Segment Open

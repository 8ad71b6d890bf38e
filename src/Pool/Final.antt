-- ===== src/Pool/Final.antt =====
-- Whatever the pool's methods and its workers come to, a promise that is satisfied stays as it is.
use protei_cov.Prelude.{
  Bool, ℕ, ◌≡◌, refl, true, false, List, [], ◌∷◌, Option, none, some, inl, inr, Bool-cases,
}
use protei_cov.Effects.{Exec, pure, gets, modify, when, ◌>>◌}
use protei_cov.Effects.Grows.{Order, Grows, Grows-bind, Grows-result, Grows-when, Grows-try}
use protei_cov.Stdlib.Stoll.{stoll}
use protei_cov.World.{World, set_value, set_exception}
use protei_cov.World.Final.{Final, chain_final, final_order, set_value-Final, set_exception-Final}
use protei_cov.Task.{Readings, Distribution, do_task, get_number, set_call_id, set_thread_id}
use protei_cov.Task.Final.{set_call_id-Final, set_thread_id-Final, do_task-Final}
use protei_cov.Queue.{Item, Queue, State, front, push, write_cdr, pop}
use protei_cov.Queue.Final.{FinalIn, final_in_order, write_cdr-Final, push-Final, pop-Final}
use protei_cov.Pool.Defs.{
  System, Worker, on_queue, on_world, offer, generate_call_id, add_task, process_task, serve,
  execute_task, finish, move, turn, set_worker, run_allowed, drained, leave, set_pool, take_up,
}
use protei_cov.Pool.Join.{Turn, turns, destroy, stop_threads}

-- `Final` of the worlds.
abbrev pub FinalAt : System → System → Type 0
FinalAt s s' = Final s.world s'.world

instance abbrev pub final_at_order : Order FinalAt
final_at_order = record { same = λ s. final_order.same s.world; chain = chain_final }

module _ {A : Type 0} where
  on_world-Final : {f : Exec World A} → Grows Final f → Grows FinalAt (on_world f)
  on_world-Final k = record { at = λ s. k.at s.world }

  over_queue :
      (f : Exec State A) (s : System) (set : Option Queue)
      → s.pool.task_queue ≡ set
      → Grows FinalIn f
      → FinalAt s (on_queue f s).1
  over_queue f s none e k = rw e (final_order.same s.world)
  over_queue f s (some q) e k = rw e (k.at (q, s.world))

  pub on_queue-Final : {f : Exec State A} → Grows FinalIn f → Grows FinalAt (on_queue f)
  on_queue-Final {f = f} k = record { at = λ s. over_queue f s s.pool.task_queue refl k }

offer-Final : (now : ℕ) (x : Item) → Grows FinalAt (offer now x)
unfolding offer
offer-Final now x =
    Grows-bind (gets (λ s. elim s.pool.task_queue [ none ↦ false | some q ↦ true ]))
      (λ set. when set (on_queue (push now x) >> pure tt)) (Grows-result _)
      λ set. Grows-when set (
        Grows-bind (on_queue (push now x)) (λ _. pure tt) (on_queue-Final (push-Final now x))
          λ _. Grows-result _)

pub add_task-Final : (thread now t : ℕ) → Grows FinalAt (add_task thread now t)
unfolding add_task
add_task-Final thread now t =
    Grows-bind (gets (λ s. stoll (get_number t s.world))) _ (Grows-result _) λ number.
      Grows-bind (λ s. (number, s)) _ (Grows-result (λ s. number))
        λ n.
          Grows-bind (on_world (set_call_id t (generate_call_id thread n))) _
            (on_world-Final (set_call_id-Final t (generate_call_id thread n)))
            λ _.
              Grows-bind (offer now (t, generate_call_id thread n))
                (λ _. pure (generate_call_id thread n))
                (offer-Final now (t, generate_call_id thread n)) λ _. Grows-result _

process_task-Final : (thread : ℕ) → Grows FinalAt (process_task thread)
unfolding process_task
process_task-Final thread =
    Grows-bind (on_queue (λ s. (front s.0, s))) _ (on_queue-Final (Grows-result (λ s. front s.0)))
      λ x.
        Grows-bind (on_world (set_thread_id x.0 thread)) _
          (on_world-Final (set_thread_id-Final x.0 thread))
          λ _.
            Grows-bind (on_queue pop) (λ _. pure x) (on_queue-Final pop-Final) λ _. Grows-result _

leave-Final : (i : ℕ) (last : Bool) (s : System) → FinalAt s (leave i last s)
leave-Final i true s = final_order.same s.world
leave-Final i false s = final_order.same s.world

module _ (d : Distribution) where
  serve-Final : (t : ℕ) (env : Readings) → Grows FinalAt (serve d t env)
  unfolding serve
  serve-Final t env =
      Grows-bind (on_world (do_task d t env)) _ (on_world-Final (do_task-Final d t env)) λ res.
        Grows-bind (gets (λ s. (s.world.tasks t).cdr)) _ (Grows-result _) λ cdr.
          Grows-bind (on_queue (write_cdr cdr)) _ (on_queue-Final (write_cdr-Final cdr)) λ _.
            Grows-bind (gets (λ s. (s.world.tasks t).promise)) (λ p. on_world (set_value p res))
              (Grows-result _) λ p. on_world-Final (set_value-Final p res)

  execute_task-Final : (t : ℕ) (env : Readings) → Grows FinalAt (execute_task d t env)
  unfolding execute_task
  execute_task-Final t env = Grows-try (serve d t env) _ (serve-Final t env) λ e.
      Grows-bind (gets (λ s. (s.world.tasks t).promise)) (λ p. on_world (set_exception p e))
        (Grows-result _) λ p. on_world-Final (set_exception-Final p e)

  finish-Final : (i : ℕ) → Grows FinalAt (finish i)
  unfolding finish
  finish-Final i =
      Grows-bind (λ s. (drained s.pool, s)) (λ last. modify (leave i last))
        (Grows-result (λ s. drained s.pool)) λ last. record { at = λ s. leave-Final i last s }

  module _ (i thread : ℕ) (env : Readings) where
    take_up-Final : Grows FinalAt (take_up d i thread env)
    unfolding take_up
    take_up-Final =
        Grows-bind (process_task thread) (λ x. modify (set_worker i (Worker.working x)))
          (process_task-Final thread) λ x. record { at = λ s. final_order.same s.world }

    waiting-Final : (s : System) → FinalAt s (move d i thread env Worker.waiting s).1
    unfolding move
    waiting-Final s = elim (Bool-cases (run_allowed s.pool)) [
      | inl h ↦ rw h (take_up-Final.at s)
      | inr h ↦ elim (Bool-cases s.pool.stopped) [
        | inl g ↦ rw (h, g) (final_order.same s.world)
        | inr g ↦ rw (h, g) (final_order.same s.world)
      ]
    ]

    move-Final : (k : Worker) → Grows FinalAt (move d i thread env k)
    unfolding move
    move-Final Worker.looping = record { at = λ s. final_order.same s.world }
    move-Final Worker.waiting = record { at = waiting-Final }
    move-Final (Worker.working x) =
        Grows-bind (execute_task d x.0 env) (λ _. finish i) (execute_task-Final x.0 env)
          λ _. finish-Final i
    move-Final Worker.gone = Grows-result _

    pub turn-Final : Grows FinalAt (turn d i thread env)
    unfolding turn
    turn-Final = record { at = λ s. (move-Final (s.pool.workers i)).at s }

  turns-Final : (ts : List Turn) → Grows FinalAt (turns d ts)
  unfolding turns
  turns-Final [] = Grows-result _
  turns-Final (t ∷ ts) =
      Grows-bind (turn d t.worker t.thread t.env) (λ _. turns d ts)
        (turn-Final t.worker t.thread t.env) λ _. turns-Final ts

  pub destroy-Final : (ts : List Turn) → Grows FinalAt (destroy d ts)
  unfolding destroy
  destroy-Final ts =
      Grows-bind (modify (set_pool stop_threads)) (λ _. turns d ts)
        (record { at = λ s. final_order.same s.world }) λ _. turns-Final ts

Segment Closed

How to complete this task:
Scan the material above. Copy each line where "none" occurs.

Your response:
  Bool, ℕ, ◌≡◌, refl, true, false, List, [], ◌∷◌, Option, none, some, inl, inr, Bool-cases,
  over_queue f s none e k = rw e (final_order.same s.world)
    Grows-bind (gets (λ s. elim s.pool.task_queue [ none ↦ false | some q ↦ true ]))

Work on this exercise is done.